» PROBLEM DESCRIPTION
All of the entries must be duplicated exactly.

Stored data entries
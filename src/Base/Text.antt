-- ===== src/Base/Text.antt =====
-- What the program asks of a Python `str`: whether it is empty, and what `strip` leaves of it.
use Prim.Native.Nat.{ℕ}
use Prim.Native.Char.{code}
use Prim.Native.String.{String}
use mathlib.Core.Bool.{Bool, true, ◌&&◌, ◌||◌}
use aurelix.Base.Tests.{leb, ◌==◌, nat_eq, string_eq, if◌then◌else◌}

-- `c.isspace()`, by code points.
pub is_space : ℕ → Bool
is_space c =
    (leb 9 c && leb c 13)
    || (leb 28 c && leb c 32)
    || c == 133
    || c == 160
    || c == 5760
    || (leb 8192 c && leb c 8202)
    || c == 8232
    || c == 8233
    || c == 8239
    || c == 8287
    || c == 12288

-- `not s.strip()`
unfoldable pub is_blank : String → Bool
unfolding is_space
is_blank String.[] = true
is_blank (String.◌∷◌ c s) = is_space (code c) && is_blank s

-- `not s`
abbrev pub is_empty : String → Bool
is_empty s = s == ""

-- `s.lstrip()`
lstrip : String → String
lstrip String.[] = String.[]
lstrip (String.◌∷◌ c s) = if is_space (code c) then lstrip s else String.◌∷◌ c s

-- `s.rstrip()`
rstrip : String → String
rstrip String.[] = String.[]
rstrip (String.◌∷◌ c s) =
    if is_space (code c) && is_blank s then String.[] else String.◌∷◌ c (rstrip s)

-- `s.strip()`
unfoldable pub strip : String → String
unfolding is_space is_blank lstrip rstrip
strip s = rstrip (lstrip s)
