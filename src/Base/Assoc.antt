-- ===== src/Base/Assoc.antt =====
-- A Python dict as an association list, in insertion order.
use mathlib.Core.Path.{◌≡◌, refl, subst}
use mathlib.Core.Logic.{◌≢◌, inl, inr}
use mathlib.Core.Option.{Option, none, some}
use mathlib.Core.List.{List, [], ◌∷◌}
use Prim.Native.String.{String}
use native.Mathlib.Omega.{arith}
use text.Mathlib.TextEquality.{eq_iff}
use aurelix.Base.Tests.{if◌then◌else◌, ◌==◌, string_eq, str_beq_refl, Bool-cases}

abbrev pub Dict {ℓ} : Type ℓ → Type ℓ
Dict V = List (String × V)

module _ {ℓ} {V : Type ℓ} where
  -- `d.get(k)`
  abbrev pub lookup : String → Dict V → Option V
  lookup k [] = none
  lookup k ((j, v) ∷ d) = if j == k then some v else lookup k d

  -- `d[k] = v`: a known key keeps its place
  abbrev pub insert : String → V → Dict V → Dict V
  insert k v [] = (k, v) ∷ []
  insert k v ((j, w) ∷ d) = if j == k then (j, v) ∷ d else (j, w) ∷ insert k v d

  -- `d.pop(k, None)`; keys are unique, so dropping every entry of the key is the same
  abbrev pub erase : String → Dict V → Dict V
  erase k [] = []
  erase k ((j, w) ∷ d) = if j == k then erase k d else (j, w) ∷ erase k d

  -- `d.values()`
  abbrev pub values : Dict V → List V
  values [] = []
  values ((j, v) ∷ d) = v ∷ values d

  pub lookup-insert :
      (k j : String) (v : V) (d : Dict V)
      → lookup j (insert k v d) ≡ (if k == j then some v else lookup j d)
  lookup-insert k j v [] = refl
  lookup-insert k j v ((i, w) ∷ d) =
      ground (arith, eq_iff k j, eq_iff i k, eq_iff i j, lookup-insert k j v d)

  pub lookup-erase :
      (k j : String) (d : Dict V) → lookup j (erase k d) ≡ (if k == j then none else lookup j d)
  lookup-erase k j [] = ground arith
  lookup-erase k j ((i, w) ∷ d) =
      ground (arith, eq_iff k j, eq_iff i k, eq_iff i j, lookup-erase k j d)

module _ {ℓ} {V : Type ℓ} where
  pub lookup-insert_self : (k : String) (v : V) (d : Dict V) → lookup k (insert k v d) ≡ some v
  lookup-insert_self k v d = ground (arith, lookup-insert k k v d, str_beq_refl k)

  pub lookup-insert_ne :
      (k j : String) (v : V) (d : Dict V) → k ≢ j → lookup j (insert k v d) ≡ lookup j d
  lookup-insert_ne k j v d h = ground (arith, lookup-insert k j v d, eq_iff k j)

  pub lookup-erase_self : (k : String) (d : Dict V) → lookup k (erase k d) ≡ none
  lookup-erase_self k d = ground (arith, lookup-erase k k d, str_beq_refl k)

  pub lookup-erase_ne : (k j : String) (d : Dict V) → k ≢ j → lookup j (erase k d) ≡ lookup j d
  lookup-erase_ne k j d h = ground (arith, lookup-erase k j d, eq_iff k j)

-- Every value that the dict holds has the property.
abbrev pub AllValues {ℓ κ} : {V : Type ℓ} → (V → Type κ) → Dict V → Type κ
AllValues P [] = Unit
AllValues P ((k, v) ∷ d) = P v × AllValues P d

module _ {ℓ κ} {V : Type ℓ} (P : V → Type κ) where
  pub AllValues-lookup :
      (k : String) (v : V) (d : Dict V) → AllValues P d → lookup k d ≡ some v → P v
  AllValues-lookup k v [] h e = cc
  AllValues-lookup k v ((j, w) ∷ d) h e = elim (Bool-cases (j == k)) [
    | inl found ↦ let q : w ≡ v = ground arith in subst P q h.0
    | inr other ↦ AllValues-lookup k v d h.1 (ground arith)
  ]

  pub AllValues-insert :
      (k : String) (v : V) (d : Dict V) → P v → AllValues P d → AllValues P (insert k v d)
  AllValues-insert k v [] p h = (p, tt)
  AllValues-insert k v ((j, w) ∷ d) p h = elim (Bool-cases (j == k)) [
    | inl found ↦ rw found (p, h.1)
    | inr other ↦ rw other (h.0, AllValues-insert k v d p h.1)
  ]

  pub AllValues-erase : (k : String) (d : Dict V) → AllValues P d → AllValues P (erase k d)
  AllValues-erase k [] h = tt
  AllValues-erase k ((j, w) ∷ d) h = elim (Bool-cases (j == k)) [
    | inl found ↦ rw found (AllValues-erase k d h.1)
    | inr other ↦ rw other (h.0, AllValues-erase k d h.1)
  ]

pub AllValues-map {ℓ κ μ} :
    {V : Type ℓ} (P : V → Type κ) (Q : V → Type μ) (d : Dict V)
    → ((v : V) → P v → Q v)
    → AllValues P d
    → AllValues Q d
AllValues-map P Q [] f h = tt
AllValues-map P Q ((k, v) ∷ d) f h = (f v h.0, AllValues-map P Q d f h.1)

» COMPLETED TASK
filename src/Base/Text.antt
-- ===== src/Base/Text.antt =====
-- What the program asks of a Python `str`: whether it is empty, and what `strip` leaves of it.
use Prim.Native.Nat.{ℕ}
use Prim.Native.Char.{code}
use Prim.Native.String.{String}
use mathlib.Core.Bool.{Bool, true, ◌&&◌, ◌||◌}
use aurelix.Base.Tests.{leb, ◌==◌, nat_eq, string_eq, if◌then◌else◌}

-- `c.isspace()`, by code points.
pub is_space : ℕ → Bool
is_space c =
    (leb 9 c && leb c 13)
    || (leb 28 c && leb c 32)
    || c == 133
    || c == 160
    || c == 5760
    || (leb 8192 c && leb c 8202)
    || c == 8232
    || c == 8233
    || c == 8239
    || c == 8287
    || c == 12288

-- `not s.strip()`
unfoldable pub is_blank : String → Bool
unfolding is_space
is_blank String.[] = true
is_blank (String.◌∷◌ c s) = is_space (code c) && is_blank s

-- `not s`
abbrev pub is_empty : String → Bool
is_empty s = s == ""

-- `s.lstrip()`
lstrip : String → String
lstrip String.[] = String.[]
lstrip (String.◌∷◌ c s) = if is_space (code c) then lstrip s else String.◌∷◌ c s

-- `s.rstrip()`
rstrip : String → String
rstrip String.[] = String.[]
rstrip (String.◌∷◌ c s) =
    if is_space (code c) && is_blank s then String.[] else String.◌∷◌ c (rstrip s)

-- `s.strip()`
unfoldable pub strip : String → String
unfolding is_space is_blank lstrip rstrip
strip s = rstrip (lstrip s)
filename src/Base/Assoc.antt
-- ===== src/Base/Assoc.antt =====
-- A Python dict as an association list, in insertion order.
use mathlib.Core.Path.{◌≡◌, refl, subst}
use mathlib.Core.Logic.{◌≢◌, inl, inr}
use mathlib.Core.Option.{Option, none, some}
use mathlib.Core.List.{List, [], ◌∷◌}
use Prim.Native.String.{String}
use native.Mathlib.Omega.{arith}
use text.Mathlib.TextEquality.{eq_iff}
use aurelix.Base.Tests.{if◌then◌else◌, ◌==◌, string_eq, str_beq_refl, Bool-cases}

abbrev pub Dict {ℓ} : Type ℓ → Type ℓ
Dict V = List (String × V)

module _ {ℓ} {V : Type ℓ} where
  -- `d.get(k)`
  abbrev pub lookup : String → Dict V → Option V
  lookup k [] = none
  lookup k ((j, v) ∷ d) = if j == k then some v else lookup k d

  -- `d[k] = v`: a known key keeps its place
  abbrev pub insert : String → V → Dict V → Dict V
  insert k v [] = (k, v) ∷ []
  insert k v ((j, w) ∷ d) = if j == k then (j, v) ∷ d else (j, w) ∷ insert k v d

  -- `d.pop(k, None)`; keys are unique, so dropping every entry of the key is the same
  abbrev pub erase : String → Dict V → Dict V
  erase k [] = []
  erase k ((j, w) ∷ d) = if j == k then erase k d else (j, w) ∷ erase k d

  -- `d.values()`
  abbrev pub values : Dict V → List V
  values [] = []
  values ((j, v) ∷ d) = v ∷ values d

  pub lookup-insert :
      (k j : String) (v : V) (d : Dict V)
      → lookup j (insert k v d) ≡ (if k == j then some v else lookup j d)
  lookup-insert k j v [] = refl
  lookup-insert k j v ((i, w) ∷ d) =
      ground (arith, eq_iff k j, eq_iff i k, eq_iff i j, lookup-insert k j v d)

  pub lookup-erase :
      (k j : String) (d : Dict V) → lookup j (erase k d) ≡ (if k == j then none else lookup j d)
  lookup-erase k j [] = ground arith
  lookup-erase k j ((i, w) ∷ d) =
      ground (arith, eq_iff k j, eq_iff i k, eq_iff i j, lookup-erase k j d)

module _ {ℓ} {V : Type ℓ} where
  pub lookup-insert_self : (k : String) (v : V) (d : Dict V) → lookup k (insert k v d) ≡ some v
  lookup-insert_self k v d = ground (arith, lookup-insert k k v d, str_beq_refl k)

  pub lookup-insert_ne :
      (k j : String) (v : V) (d : Dict V) → k ≢ j → lookup j (insert k v d) ≡ lookup j d
  lookup-insert_ne k j v d h = ground (arith, lookup-insert k j v d, eq_iff k j)

  pub lookup-erase_self : (k : String) (d : Dict V) → lookup k (erase k d) ≡ none
  lookup-erase_self k d = ground (arith, lookup-erase k k d, str_beq_refl k)

  pub lookup-erase_ne : (k j : String) (d : Dict V) → k ≢ j → lookup j (erase k d) ≡ lookup j d
  lookup-erase_ne k j d h = ground (arith, lookup-erase k j d, eq_iff k j)

-- Every value that the dict holds has the property.
abbrev pub AllValues {ℓ κ} : {V : Type ℓ} → (V → Type κ) → Dict V → Type κ
AllValues P [] = Unit
AllValues P ((k, v) ∷ d) = P v × AllValues P d

module _ {ℓ κ} {V : Type ℓ} (P : V → Type κ) where
  pub AllValues-lookup :
      (k : String) (v : V) (d : Dict V) → AllValues P d → lookup k d ≡ some v → P v
  AllValues-lookup k v [] h e = cc
  AllValues-lookup k v ((j, w) ∷ d) h e = elim (Bool-cases (j == k)) [
    | inl found ↦ let q : w ≡ v = ground arith in subst P q h.0
    | inr other ↦ AllValues-lookup k v d h.1 (ground arith)
  ]

  pub AllValues-insert :
      (k : String) (v : V) (d : Dict V) → P v → AllValues P d → AllValues P (insert k v d)
  AllValues-insert k v [] p h = (p, tt)
  AllValues-insert k v ((j, w) ∷ d) p h = elim (Bool-cases (j == k)) [
    | inl found ↦ rw found (p, h.1)
    | inr other ↦ rw other (h.0, AllValues-insert k v d p h.1)
  ]

  pub AllValues-erase : (k : String) (d : Dict V) → AllValues P d → AllValues P (erase k d)
  AllValues-erase k [] h = tt
  AllValues-erase k ((j, w) ∷ d) h = elim (Bool-cases (j == k)) [
    | inl found ↦ rw found (AllValues-erase k d h.1)
    | inr other ↦ rw other (h.0, AllValues-erase k d h.1)
  ]

pub AllValues-map {ℓ κ μ} :
    {V : Type ℓ} (P : V → Type κ) (Q : V → Type μ) (d : Dict V)
    → ((v : V) → P v → Q v)
    → AllValues P d
    → AllValues Q d
AllValues-map P Q [] f h = tt
AllValues-map P Q ((k, v) ∷ d) f h = (f v h.0, AllValues-map P Q d f h.1)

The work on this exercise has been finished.